A Constituição brasileira traz um artigo, de número 142, que se tornou um assunto maldito, e ai de quem ousar abordá-lo. Não terá as boas graças do establishment que dá as cartas no debate nacional. Sei, por isso mesmo, que o simples exame deste assunto terá inevitavelmente leituras exageradas pela paixão cega de quem defende uma ditadura militar – um risco que não vejo no horizonte – e de quem defende a ditadura de uma suprema corte que — esta, sim — a cada semana perde mais um bocado do que ainda lhe resta de escrúpulos e avança sobre os direitos e garantias individuais expressos na Constituição que deveria salvaguardar, jamais reescrever e nunca, em hipótese alguma, profanar em nome de propósitos que cheiram ao mais raso partidarismo político.
Como o espaço é curto, vamos direto ao texto da Constituição Federal da República Federativa do Brasil: “Artigo 142. As Forças Armadas, constituídas pela Marinha, pelo Exército e pela Aeronáutica, são instituições nacionais permanentes e regulares, organizadas com base na hierarquia e na disciplina, sob a autoridade suprema do Presidente da República, e destinam-se à defesa da Pátria, à garantia dos poderes constitucionais e, por iniciativa de qualquer destes, da lei e da ordem”.
Que lei e ordem temos hoje, no Brasil?
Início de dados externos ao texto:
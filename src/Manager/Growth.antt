-- ===== src/Manager/Growth.antt =====
-- The counter of BLOB ids and the directory of the session storage, across the calls of the manager
-- and its sessions.
use data_relay_grpc.Base.{
  ℕ, ◌+◌, ◌≤◌, ◌≡◌, refl, ap, ◌∙◌, Option-cases, inl, inr, some, arith, subst,
}
use data_relay_grpc.OrderedMap.{find}
use data_relay_grpc.Session.{
  SessionImpl, Context, add, create_blob_file, reserve_session_store, remove_list,
}
use data_relay_grpc.Session.Evolution.{
  Evolves, add-Evolves, create_blob_file-Evolves, reserve_session_store-Evolves, for_each-Evolves,
}
use data_relay_grpc.Outcome.{Outcome, M}
use data_relay_grpc.Manager.{
  Manager, Server, create_session, dispose, with_session, context, absorb,
}
use data_relay_grpc.Manager.Books.{others, IsBooked-IsAccounted}
use data_relay_grpc.Manager.Lifecycle.{
  with_session_returns, dispose_session_returns, delete_entries_keeps,
}
use data_relay_grpc.Manager.History.{
  Step, creates, adds, creates_blob, reserves, removes, disposes, IsSound,
}

pub record Grows (s t : Server) : Type 0 where
  pub counted : s.blob_id ≤ t.blob_id
  pub settled : t.store.directory ≡ s.store.directory

pub method-Grows :
    {A : Type 0} (sid : ℕ) (method : M Context A) (s : Server) (impl : SessionImpl)
    → find sid s.blob_sessions ≡ some impl
    → Evolves (context s impl) (method (context s impl)).1
    → Grows s (with_session sid method s).1
unfolding with_session
method-Grows sid method s impl there v =
    rw (there, with_session) (record { counted = v.grown; settled = v.same_directory })

dispose_same :
    (sid : ℕ) (m : Manager)
    → ((dispose sid m).blob_id ≡ m.blob_id) × ((dispose sid m).store ≡ m.store)
unfolding dispose
dispose_same sid m = elim (Option-cases (find sid m.blob_sessions)) [
  | inl gone ↦ rw (gone, dispose) (refl, refl)
  | inr (impl, there) ↦ rw (there, dispose) (refl, refl)
]

-- No call takes the counter of BLOB ids back, or moves the directory.
pub Step-Grows : {lost : ℕ} {s t : Server} → Step s t → IsSound lost s → Grows s t
unfolding create_session remove_list
Step-Grows (creates o fits) v = record { counted = omega arith; settled = refl }
Step-Grows {s = s} (adds sid path {impl} fits there) v =
    let a = IsBooked-IsAccounted s sid impl there v.booked in
    method-Grows sid (add path) s impl there (add-Evolves (context s impl) path fits a.ordered)
Step-Grows {s = s} (creates_blob sid prefix {impl} fits there) v =
    let a = IsBooked-IsAccounted s sid impl there v.booked in
    method-Grows sid (create_blob_file prefix) s impl there
      (create_blob_file-Evolves (context s impl) prefix fits a.ordered)
Step-Grows {s = s} (reserves sid bid size {impl} fits there has) v =
    let a = IsBooked-IsAccounted s sid impl there v.booked in
    method-Grows sid (reserve_session_store bid size) s impl there
      (reserve_session_store-Evolves (context s impl) bid size a.ordered)
Step-Grows {s = s} {t = t} (removes sid ids e) v =
    let (impl, c, there, done, ended) = with_session_returns sid (remove_list ids) s t tt e in
    let a = IsBooked-IsAccounted s sid impl there v.booked in
    subst (Grows s) (ap (λ (r : Outcome (Unit {0}) × Server). r.1) e) (
      method-Grows sid (remove_list ids) s impl there
        (for_each-Evolves ids (context s impl) a.ordered))
Step-Grows {lost} {s} {t} (disposes sid e) v =
    let (impl, c, there, done, ended) = dispose_session_returns sid s t e in
    let a = IsBooked-IsAccounted s sid impl there v.booked in
    let (k, _) = delete_entries_keeps (others sid s.manager + lost) (context s impl) c a done in
    let (same, store) = dispose_same sid (absorb sid s c).manager in
    rw ended (record {
      counted = omega (arith, same, k.grown);
      settled = ap (λ st. st.directory) store ∙ k.same_directory;
    })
Apenas a lei e a ordem que emanam da vontade de pessoas que vêm repetidamente quebrando o juramento que fizeram ao assumir uma cadeira tão vital para democracia como a de ministro/ministra do STF. Nada mais para de pé sob suas togas — nem o devido processo legal, nem o código penal, nem o código de processo penal, nem a prerrogativa do Ministério Público como titular da ação penal, nem a imprescindibilidade do advogado para o exercício da defesa, nem o direito à dupla jurisdição para quem sofre uma ação penal, nem a competência exclusiva do Congresso Nacional para fazer leis, nem a autonomia do governo para exercer ações executivas, nem a imunidade parlamentar, nem o respeito à coisa julgada por juízes e tribunais que formam o alicerce do Poder Judiciário brasileiro, nem o direito do povo de decidir, por seus representantes, sobre como tornar o processo eleitoral mais íntegro e transparente.
Ante as togas arbitrárias, não param de pé, nem mesmo, as decisões que o próprio STF havia tomado, de que é exemplo a revisão, às pressas, da constitucionalidade da prisão após segunda instância, reviravolta que deu salvo-conduto para criminosos de alta patente política.
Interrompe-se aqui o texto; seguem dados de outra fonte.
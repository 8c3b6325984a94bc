-- ===== src/Handlers/Passing.antt =====
-- What one step of a handler does to the counter of BLOB ids, and to the BLOB that it works on.
use data_relay_grpc.Base.{
  ℕ, ◌≡◌, refl, sym, ap, inl, inr, List, [], ◌∷◌, arith, Option-cases, length, subst,
}
use data_relay_grpc.OrderedMap.{find, AscendsFrom}
use data_relay_grpc.Text.{text}
use data_relay_grpc.FileSystem.{FilePath, open_output, remove}
use data_relay_grpc.TagGenerator.{OpenSsl}
use data_relay_grpc.SessionStore.{SessionStore}
use data_relay_grpc.Session.{
  SessionImpl, create_blob_file, reserve_session_store, delete_blob_file, Context,
}
use data_relay_grpc.Session.Evolution.{
  Evolves, create_blob_file-Evolves, reserve_session_store-Evolves, delete_blob_file-Evolves,
}
use data_relay_grpc.Upload.{refused, exhausted}
use data_relay_grpc.Manager.{Manager, Server, with_session, context, compute_tag}
use data_relay_grpc.Manager.History.{IsSound}
use data_relay_grpc.Manager.Growth.{Grows, method-Grows}
use data_relay_grpc.Outcome.{Outcome, M}
use data_relay_grpc.Relay.{PutMetadata, PutStreamingRequest, metadata, chunk, not_set}
use data_relay_grpc.Handlers.{
  Phase, starting, creating, opening, reading, writing, exhausting, discarding, tagging, ended,
  thrown, crashed, next_phase, opened_phase, reserved_phase, answered, tag_step, open_step,
  discard_step, step,
}
use data_relay_grpc.Handlers.System.{IsFitting}
use data_relay_grpc.Handlers.Sharing.{
  next_phase_server, open_step_manager, discard_step_manager, write_stream_manager,
  tag_step_manager,
}
use data_relay_grpc.Handlers.Apart.{
  IsNamed, Passes, IsNamed-moves, next_phase-Passes, creating-Passes, reserved-Passes, end-Passes,
}

same-Grows : (s t : Server) → t.manager ≡ s.manager → Grows s t
same-Grows s t e = record {
  counted = omega (arith, ap (λ (m : Manager). m.blob_id) e);
  settled = ap (λ (m : Manager). m.store.directory) e;
}

call-Grows :
    {A : Type 0} (s : Server) (k : A → Phase) (r : Outcome A × Server)
    → Grows s r.1
    → Grows s (next_phase k r).1
call-Grows s k r = subst (Grows s) (sym (next_phase_server k r))

method_Grows :
    {lost : ℕ} {A : Type 0} (sid : ℕ) (method : M Context A) (s : Server)
    → IsSound lost s
    → ((impl : SessionImpl)
        → AscendsFrom 0 impl.blobs
        → Evolves (context s impl) (method (context s impl)).1)
    → Grows s (with_session sid method s).1
unfolding with_session
method_Grows sid method s v evolves = elim (Option-cases (find sid s.blob_sessions)) [
  | inl gone ↦ rw (gone, with_session) (same-Grows s s refl)
  | inr (impl, there) ↦
      method-Grows sid method s impl there (evolves impl ((v.booked.numbered sid impl there).0))
]

pub step-Grows :
    {lost : ℕ} (o : OpenSsl) (p : Phase) (s : Server)
    → IsFitting o p s
    → IsSound lost s
    → Grows s (step o p s).1
unfolding step
step-Grows o (starting m rs) s fits v = call-Grows s _ _ (same-Grows s s refl)
step-Grows o (creating m rs) s fits v = call-Grows s _ _ (
    method_Grows m.session_id (create_blob_file (text "upload")) s v
      (λ impl a. create_blob_file-Evolves (context s impl) (text "upload") fits a))
step-Grows o (opening m rs bid path) s fits v = same-Grows s _ (open_step_manager m rs bid path s)
step-Grows o (reading m [] bid path total) s fits v = same-Grows s s refl
step-Grows o (reading m (chunk bytes ∷ rs) bid path total) s fits v = call-Grows s _ _ (
    method_Grows m.session_id (reserve_session_store bid (length bytes)) s v
      (λ impl a. reserve_session_store-Evolves (context s impl) bid (length bytes) a))
step-Grows o (reading m (metadata _ ∷ rs) bid path total) s fits v = same-Grows s s refl
step-Grows o (reading m (not_set ∷ rs) bid path total) s fits v = same-Grows s s refl
step-Grows o (writing m rs bid path total bytes) s fits v =
    same-Grows s _ (write_stream_manager path bytes s)
step-Grows o (exhausting m bid) s fits v = call-Grows s _ _ (
    method_Grows m.session_id (delete_blob_file bid) s v
      (λ impl a. delete_blob_file-Evolves (context s impl) bid a))
step-Grows o (discarding path) s fits v = same-Grows s _ (discard_step_manager path s)
step-Grows o (tagging m bid) s fits v = same-Grows s _ (tag_step_manager o m bid s)
step-Grows o (ended r) s fits v = same-Grows s s refl
step-Grows o (thrown x) s fits v = same-Grows s s refl
step-Grows o crashed s fits v = same-Grows s s refl

open_step-Passes :
    (n : ℕ) (m : PutMetadata) (rs : List PutStreamingRequest) (bid : ℕ) (path : FilePath)
    (s : Server)
    → IsNamed s.store n (opening m rs bid path)
    → Passes s.store n n (opening m rs bid path) (open_step m rs bid path s).0
unfolding open_step
open_step-Passes n m rs bid path s k = elim (Option-cases (open_output s.file_system path)) [
  | inl shut ↦ rw (shut, open_step) (tt, (λ b w. absurd w))
  | inr (fs, opens) ↦ rw (opens, open_step) (k, (λ b w. inl w))
]

discard_step-Passes :
    (st : SessionStore) (n : ℕ) (path : FilePath) (s : Server)
    → Passes st n n (discarding path) (discard_step path s).0
unfolding discard_step
discard_step-Passes st n path s = elim (Option-cases (remove s.file_system path)) [
  | inl stuck ↦ rw (stuck, discard_step) (tt, (λ b w. absurd w))
  | inr (fs, done) ↦ rw (done, discard_step) (tt, (λ b w. absurd w))
]

tag_step-Passes :
    (st : SessionStore) (n : ℕ) (o : OpenSsl) (m : PutMetadata) (bid : ℕ) (s : Server)
    → Passes st n n (tagging m bid) (tag_step o m bid s).0
unfolding tag_step
tag_step-Passes st n o m bid s = elim (Option-cases (find m.session_id s.blob_sessions)) [
  | inl gone ↦ rw (gone, tag_step) (tt, (λ b w. absurd w))
  | inr (impl, there) ↦
      rw (there, tag_step)
        (next_phase-Passes st n n (tagging m bid) (answered bid)
          (compute_tag o bid impl s.manager, s) (λ tag. (tt, (λ b w. absurd w))))
]

later-Passes :
    {lost : ℕ} (o : OpenSsl) (p : Phase) (s : Server)
    → IsFitting o p s
    → IsSound lost s
    → Passes s.store s.blob_id s.blob_id p (step o p s).0
    → Passes s.store s.blob_id (step o p s).1.blob_id p (step o p s).0
later-Passes o p s fits v (k, h) =
    let g : Grows s (step o p s).1 = step-Grows o p s fits v in
    (
      IsNamed-moves s.store s.store s.blob_id _ (step o p s).0 refl g.counted k,
      (λ b w. elim (h b w) [ inl old ↦ inl old | inr (lt, under) ↦ absurd (omega arith) ]),
    )

-- A step of a handler goes on with the BLOB that it has, or takes one with a new id.
pub step-Passes :
    {lost : ℕ} (o : OpenSsl) (p : Phase) (s : Server)
    → IsFitting o p s
    → IsSound lost s
    → IsNamed s.store s.blob_id p
    → Passes s.store s.blob_id (step o p s).1.blob_id p (step o p s).0
unfolding step
step-Passes o (starting m rs) s fits v k =
    next_phase-Passes _ _ _ (starting m rs) (λ (_ : SessionImpl). creating m rs) _
      (λ a. (tt, (λ b w. absurd w)))
step-Passes o (creating m rs) s fits v k =
    rw
      (next_phase_server (opened_phase m rs)
        (with_session m.session_id (create_blob_file (text "upload")) s))
      (creating-Passes m rs s fits)
step-Passes o (opening m rs bid path) s fits v k =
    later-Passes o (opening m rs bid path) s fits v (open_step-Passes s.blob_id m rs bid path s k)
step-Passes o (reading m [] bid path total) s fits v k =
    end-Passes s.store s.blob_id m bid path total k
step-Passes o (reading m (chunk bytes ∷ rs) bid path total) s fits v k =
    later-Passes o (reading m (chunk bytes ∷ rs) bid path total) s fits v (
      next_phase-Passes _ _ _ (reading m (chunk bytes ∷ rs) bid path total)
        (reserved_phase m rs bid path total bytes) _
        (λ granted. reserved-Passes s.store s.blob_id m rs bid path total bytes granted k))
step-Passes o (reading m (metadata _ ∷ rs) bid path total) s fits v k = (tt, (λ b w. absurd w))
step-Passes o (reading m (not_set ∷ rs) bid path total) s fits v k = (tt, (λ b w. absurd w))
step-Passes o (writing m rs bid path total bytes) s fits v k =
    later-Passes o (writing m rs bid path total bytes) s fits v (k, (λ b w. inl w))
step-Passes o (exhausting m bid) s fits v k =
    next_phase-Passes _ _ _ (exhausting m bid) (λ (_ : Unit {0}). ended (refused exhausted)) _
      (λ a. (tt, (λ b w. absurd w)))
step-Passes o (discarding path) s fits v k =
    later-Passes o (discarding path) s fits v (discard_step-Passes s.store s.blob_id path s)
step-Passes o (tagging m bid) s fits v k =
    later-Passes o (tagging m bid) s fits v (tag_step-Passes s.store s.blob_id o m bid s)
step-Passes o (ended r) s fits v k = (tt, (λ b w. absurd w))
step-Passes o (thrown x) s fits v k = (tt, (λ b w. absurd w))
step-Passes o crashed s fits v k = (tt, (λ b w. absurd w))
A prosseguir tantos e tamanhos desmandos, dia chegará em que uma das decisões absurdas e inconstitucionais do STF deixará de ser cumprida, e qualquer dos poderes — Executivo, Legislativo e inclusive o Judiciário — poderá pedir às Forças Armadas, nos termos do artigo 142, o papel garantidor que a Constituição atribui a elas.
Pior ainda: e se os três poderes as demandarem? Será uma confusão dos diabos.
Parabéns pela obra, ministros do STF e seus influentes apoiadores de ocasião. Mas não se iludam: a democracia brasileira sairá do coma.